EXERCISE MATERIAL: Begin

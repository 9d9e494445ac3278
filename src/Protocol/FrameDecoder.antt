-- ===== src/Protocol/FrameDecoder.antt =====
-- include/liteim/protocol/FrameDecoder.hpp and src/protocol/FrameDecoder.cpp: the incremental decoder
-- that cuts a TCP byte stream into packets.
pub mod Frames
pub mod Refinement
pub mod Streams
pub mod Chunks
pub mod Conservation
use lite_im.Prelude.{
  ℕ, zero, suc, ◌+◌, ◌-◌, Bool, true, false, List, [], ◌∷◌, ◌++◌, length, take, drop, ltb, ◌==◌,
  not, if◌then◌else◌,
}
use lite_im.Status.{Status, success, error, invalid_argument, parse_error, is_ok, Result, ok, err}
use lite_im.Protocol.Bytes.{Bytes, Span, null, bytes}
use lite_im.Protocol.Packet.{PacketHeader, Packet, parse_header, packet_header_size}

pub record FrameDecoder : Type 0 where
  pub buffer : Bytes
  pub in_error : Bool

abbrev pub new_decoder : FrameDecoder
new_decoder = record { buffer = []; in_error = false }

-- `compact_consumed`: drop the consumed front of the buffer.
unfoldable pub compact_consumed : ℕ → Bytes → Bytes
compact_consumed consumed buffer =
    if consumed == 0 then buffer else if consumed == length buffer then [] else drop consumed buffer

-- How the loop of `feed` ends: the read index, the packets pushed so far, and the parse error, if any.
pub record LoopEnd : Type 0 where
  pub read_index : ℕ
  pub output : List Packet
  pub status : Status

-- `header.body_len` bytes behind the header that starts at `read_index`.
abbrev body_at : Bytes → ℕ → PacketHeader → Bytes
body_at buffer read_index header =
    take header.body_len (drop (read_index + packet_header_size) buffer)

-- The loop, with rounds as fuel: a round consumes a header at least, so one round more than the
-- buffer has bytes is enough, and with that many the loop ends by its own test.
unfoldable pub feed_loop : ℕ → Bytes → ℕ → List Packet → LoopEnd
feed_loop zero buffer read_index output = record {
  read_index = read_index;
  output = output;
  status = success;
}
feed_loop (suc fuel) buffer read_index output =
    if ltb (length buffer - read_index) packet_header_size
    then record { read_index = read_index; output = output; status = success }
    else elim (parse_header (bytes (take packet_header_size (drop read_index buffer)))) [
      | err status ↦ record { read_index = read_index; output = output; status = status }
      | ok header ↦
          let frame_size : ℕ = packet_header_size + header.body_len in
          let packet : Packet = record {
            header = header;
            body = body_at buffer read_index header;
          } in
          let rest = feed_loop fuel buffer (read_index + frame_size) (output ++ (packet ∷ [])) in
          if ltb (length buffer - read_index) frame_size
          then record { read_index = read_index; output = output; status = success }
          else rest
    ]

-- The decoder, the output vector (cleared first) and the status after `feed`.
pub record Fed : Type 0 where
  pub decoder : FrameDecoder
  pub output : List Packet
  pub status : Status

-- The tail of `feed`, once the input stands in the buffer.
abbrev pub after_loop : Bytes → LoopEnd → Fed
after_loop buffer end = record {
  decoder = record {
    buffer = compact_consumed end.read_index buffer;
    in_error = not (is_ok end.status);
  };
  output = end.output;
  status = end.status;
}

unfoldable pub feed_bytes : FrameDecoder → Bytes → Fed
feed_bytes d data' =
    let buffer : Bytes = if not (length data' == 0) then d.buffer ++ data' else d.buffer in
    after_loop buffer (feed_loop (suc (length buffer)) buffer 0 [])

unfoldable pub feed : FrameDecoder → Span → Fed
unfolding feed_bytes
feed d (null len) =
    if d.in_error
    then record {
      decoder = d;
      output = [];
      status = error parse_error "frame decoder is in error state";
    }
    else if not (len == 0)
    then record {
      decoder = d;
      output = [];
      status = error invalid_argument "frame decoder input is null";
    }
    else feed_bytes d []
feed d (bytes data') =
    if d.in_error
    then record {
      decoder = d;
      output = [];
      status = error parse_error "frame decoder is in error state";
    }
    else feed_bytes d data'

unfoldable pub buffered_bytes : FrameDecoder → ℕ
buffered_bytes d = length d.buffer

unfoldable pub reset : FrameDecoder → FrameDecoder
reset d = record { buffer = []; in_error = false }
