-- ===== src/Net/Session.antt =====
-- include/liteim/net/Session.hpp and src/net/Session.cpp: one connection. What `read` and `write` return is
-- given as a list, the end of which stands for EAGAIN. A call in the loop's thread runs at once; one from
-- elsewhere puts a task into the loop's queue, of which `tasks` are those of this session.
-- Its id, the peer's address and the time of its last activity are left out.
pub mod Keeps
pub mod Sound
pub mod Writing
pub mod Output
pub mod Conserved
pub mod Reading
pub mod Input
mod Tests
use lite_im.Prelude.{
  ℕ, ◌+◌, ◌-◌, ◌*◌, Bool, true, false, not, ◌&&◌, ◌||◌, List, [], ◌∷◌, ◌++◌, length, take, ltb,
  ◌==◌, if◌then◌else◌,
}
use lite_im.Status.{Status, success, error, is_ok, invalid_argument, not_found, resource_exhausted}
use lite_im.Protocol.Bytes.{Bytes, bytes}
use lite_im.Protocol.Packet.{Packet, encode_packet}
use lite_im.Protocol.FrameDecoder.{FrameDecoder, new_decoder, Fed, feed}
use lite_im.Net.Buffer.{Buffer, new_buffer, readable_bytes, peek, append, retrieve, retrieve_all}

pub data SessionState : Type 0 where
  new started closing closed : SessionState

-- What is put into the loop's queue.
pub data Task : Type 0 where
  start_task close_task reset_channel_task : Task
  send_task : Bytes → Task

-- The session, and what it has done so far: the bytes it took from `read`, the packets it gave to the
-- message callback, the bytes it accepted for sending, those that `write` took, its calls of the close
-- callback, and whether a message callback threw.
pub record Session : Type 0 where
  pub state : SessionState
  pub closed : Bool
  pub has_fd : Bool
  pub has_channel : Bool
  pub channel_registered : Bool
  pub writing : Bool
  pub decoder : FrameDecoder
  pub output_buffer : Buffer
  pub output_high_water_mark : ℕ
  pub tasks : List Task
  pub received : Bytes
  pub delivered : List Packet
  pub accepted : Bytes
  pub written : Bytes
  pub close_calls : ℕ
  pub thrown : Bool

abbrev pub default_output_high_water_mark : ℕ
default_output_high_water_mark = 4 * 1024 * 1024

abbrev pub initial_buffer_size : ℕ
initial_buffer_size = 1024

-- A session with a mark that was set before it was started.
abbrev pub new_session : ℕ → Session
new_session high_water_mark = record {
  state = new;
  closed = false;
  has_fd = true;
  has_channel = true;
  channel_registered = false;
  writing = false;
  decoder = new_decoder;
  output_buffer = new_buffer initial_buffer_size;
  output_high_water_mark = high_water_mark;
  tasks = [];
  received = [];
  delivered = [];
  accepted = [];
  written = [];
  close_calls = 0;
  thrown = false;
}

abbrev pub is_started : SessionState → Bool
is_started started = true
is_started new = false
is_started closing = false
is_started closed = false

abbrev pub is_new : SessionState → Bool
is_new new = true
is_new started = false
is_new closing = false
is_new closed = false

-- The close callback is called with `closed_` set, so it cannot act on the session any more. One that throws
-- leaves `kClosing`, which no test of the session tells from `kClosed`.
unfoldable pub close_in_loop : Session → Session
close_in_loop s = if s.closed then s else record s {
  closed = true;
  state = closed;
  channel_registered = false;
  has_fd = false;
  output_buffer = retrieve_all s.output_buffer;
  tasks = s.tasks ++ (reset_channel_task ∷ []);
  close_calls = s.close_calls + 1;
}

unfoldable pub start_in_loop : Session → Session
start_in_loop s =
    if not (is_new s.state) || s.closed
    then s
    else record s { channel_registered = true; state = started }

-- Whether `encoded` would take the pending output above the mark.
abbrev pub exceeds_mark : Session → Bytes → Bool
exceeds_mark s encoded =
    ltb s.output_high_water_mark (length encoded)
    || ltb (s.output_high_water_mark - length encoded) (readable_bytes s.output_buffer)

-- The end of `sendEncodedInLoop`, with what the buffer's `append` gave.
abbrev pub appended : Session → Bytes → Buffer × Status → Session × Status
appended s encoded (buffer, status) = if not (is_ok status) then (close_in_loop s, status) else (
  record s {
    output_buffer = buffer;
    writing = if s.has_channel then true else s.writing;
    accepted = s.accepted ++ encoded;
  },
  success,
)

unfoldable pub send_encoded_in_loop : Session → Bytes → Session × Status
send_encoded_in_loop s encoded =
    if not (is_started s.state) || s.closed || length encoded == 0
    then (s, error invalid_argument "session is not writable")
    else if exceeds_mark s encoded
    then (close_in_loop s, error resource_exhausted "session output high water mark exceeded")
    else appended s encoded (append s.output_buffer (bytes encoded))

abbrev pub enqueue : Session → Task → Session
enqueue s t = record s { tasks = s.tasks ++ (t ∷ []) }

unfoldable pub close : Bool → Session → Session
close in_loop s = if in_loop then close_in_loop s else enqueue s close_task

unfoldable pub start : Bool → Session → Session
start in_loop s = if in_loop then start_in_loop s else enqueue s start_task

-- `sendPacket`, with what `encodePacket` gave.
abbrev pub send_encoded : Bool → Session → Bytes × Status → Session × Status
send_encoded in_loop s (encoded, status) =
    if not (is_ok status)
    then (s, status)
    else if ltb s.output_high_water_mark (length encoded)
    then (
      close in_loop s,
      error resource_exhausted "session output high water mark would be exceeded",
    )
    else if in_loop
    then send_encoded_in_loop s encoded
    else (enqueue s (send_task encoded), success)

unfoldable pub send_packet : Bool → Session → Packet → Session × Status
send_packet in_loop s packet =
    if s.closed
    then (s, error not_found "session is closed")
    else send_encoded in_loop s (encode_packet packet)

-- What a message callback may do to the session in the loop's thread; it may throw. It is a function of the
-- session and of the packet: as all packets delivered before are part of the session, it may do something else
-- each time.
pub data Reaction : Type 0 where
  sends : Packet → Reaction
  closes throws : Reaction

-- With whether it threw.
unfoldable pub react : List Reaction → Session → Session × Bool
react [] s = (s, false)
react (sends p ∷ rs) s = react rs (send_packet true s p).0
react (closes ∷ rs) s = react rs (close true s)
react (throws ∷ rs) s = (s, true)

-- What `read` or `write` returns: a value that is not negative, or an errno, EWOULDBLOCK being EAGAIN.
pub data Io (A : Type 0) : Type 0 where
  returned : A → Io A
  interrupted again failed : Io A

module _ (message_callback : Session → Packet → List Reaction) where
  -- One packet is given to the callback.
  abbrev pub give : Packet → Session → Session × Bool
  give p s =
      let given : Session = record s { delivered = s.delivered ++ (p ∷ []) } in
      react (message_callback given p) given

  -- The loop over the packets of one `feed`, with whether `handleRead` goes on. An exception leaves it, and
  -- the loop that catches it leaves the session as it is: the packets that are left are lost.
  unfoldable pub deliver : List Packet → Session → Session × Bool
  deliver [] s = (s, true)
  deliver (p ∷ ps) s =
      let after = give p s in
      let rest = deliver ps after.0 in
      if s.closed
      then (s, false)
      else if after.1
      then (record after.0 { thrown = true }, false)
      else rest

  -- One read of some bytes.
  abbrev pub take_in : Session → Fed → Session × Bool
  take_in s fed =
      if not (is_ok fed.status)
      then (close_in_loop (record s { decoder = fed.decoder }), false)
      else deliver fed.output (record s { decoder = fed.decoder })

  unfoldable pub read_loop : List (Io Bytes) → Session → Session
  read_loop [] s = s
  read_loop (returned [] ∷ rs) s = if not s.has_fd then s else close_in_loop s
  read_loop (returned (b ∷ bs) ∷ rs) s =
      let step =
        take_in (record s { received = s.received ++ (b ∷ bs) })
          (feed s.decoder (bytes (b ∷ bs))) in
      let rest = read_loop rs step.0 in if not s.has_fd then s else if step.1 then rest else step.0
  read_loop (interrupted ∷ rs) s = read_loop rs s
  read_loop (again ∷ rs) s = s
  read_loop (failed ∷ rs) s = if not s.has_fd then s else close_in_loop s

  unfoldable pub handle_read : List (Io Bytes) → Session → Session
  handle_read results s =
      if not (is_started s.state) || s.closed || not s.has_fd then s else read_loop results s

-- `disableWriting` once nothing is pending.
abbrev pub rest_writing : Session → Session
rest_writing s =
    if readable_bytes s.output_buffer == 0 && s.has_channel && s.writing
    then record s { writing = false }
    else s

-- One write of `n` bytes, with what the buffer's `retrieve` gave.
abbrev pub taken : Session → ℕ → Buffer × Status → Session × Bool
taken s n (buffer, status) =
    if is_ok status
    then (
      record s { output_buffer = buffer; written = s.written ++ take n (peek s.output_buffer) },
      true,
    )
    else (close_in_loop s, false)

-- The loop of `handleWrite`, and what follows where it does not return.
unfoldable pub write_loop : List (Io ℕ) → Session → Session
write_loop [] s = rest_writing s
write_loop (returned n ∷ rs) s =
    let step = taken s n (retrieve s.output_buffer n) in
    let rest = write_loop rs step.0 in
    if readable_bytes s.output_buffer == 0 || n == 0
    then rest_writing s
    else if step.1
    then rest
    else step.0
write_loop (interrupted ∷ rs) s =
    let rest = write_loop rs s in
    if readable_bytes s.output_buffer == 0 then rest_writing s else rest
write_loop (again ∷ rs) s = rest_writing s
write_loop (failed ∷ rs) s =
    if readable_bytes s.output_buffer == 0 then rest_writing s else close_in_loop s

unfoldable pub handle_write : List (Io ℕ) → Session → Session
handle_write results s =
    if not (is_started s.state) || s.closed || not s.has_fd then s else write_loop results s

-- The first task in the loop's queue is run.
abbrev pub run_task : Task → Session → Session
run_task start_task s = start_in_loop s
run_task close_task s = close_in_loop s
run_task (send_task encoded) s = (send_encoded_in_loop s encoded).0
run_task reset_channel_task s = if s.closed then record s { has_channel = false } else s

abbrev pub run_first : List Task → Session → Session
run_first [] s = s
run_first (t ∷ ts) s = run_task t (record s { tasks = ts })

-- What happens to a session: calls, from the loop's thread or another, events of its channel, and a turn of
-- the loop's queue.
pub data Event : Type 0 where
  starts closes : Bool → Event
  sends : Bool → Packet → Event
  readable : List (Io Bytes) → Event
  writable : List (Io ℕ) → Event
  channel_fails runs_task : Event

-- The channel calls back only a session that was started, and is not yet taken off the loop.
unfoldable pub step : (Session → Packet → List Reaction) → Session → Event → Session
step callback s (starts in_loop) = start in_loop s
step callback s (closes in_loop) = close in_loop s
step callback s (sends in_loop packet) = (send_packet in_loop s packet).0
step callback s (readable results) = handle_read callback results s
step callback s (writable results) = handle_write results s
step callback s channel_fails = if s.channel_registered then close_in_loop s else s
step callback s runs_task = run_first s.tasks s

unfoldable pub run : (Session → Packet → List Reaction) → Session → List Event → Session
run callback s [] = s
run callback s (e ∷ es) = run callback (step callback s e) es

EXERCISE MATERIAL: End

## WHAT IS NEEDED
Please filter the data down to the lines containing the word "tasks".

## TASK ANSWER
-- elsewhere puts a task into the loop's queue, of which `tasks` are those of this session.
  pub tasks : List Task
  tasks = [];
  tasks = s.tasks ++ (reset_channel_task ∷ []);
enqueue s t = record s { tasks = s.tasks ++ (t ∷ []) }
run_first (t ∷ ts) s = run_task t (record s { tasks = ts })
step callback s runs_task = run_first s.tasks s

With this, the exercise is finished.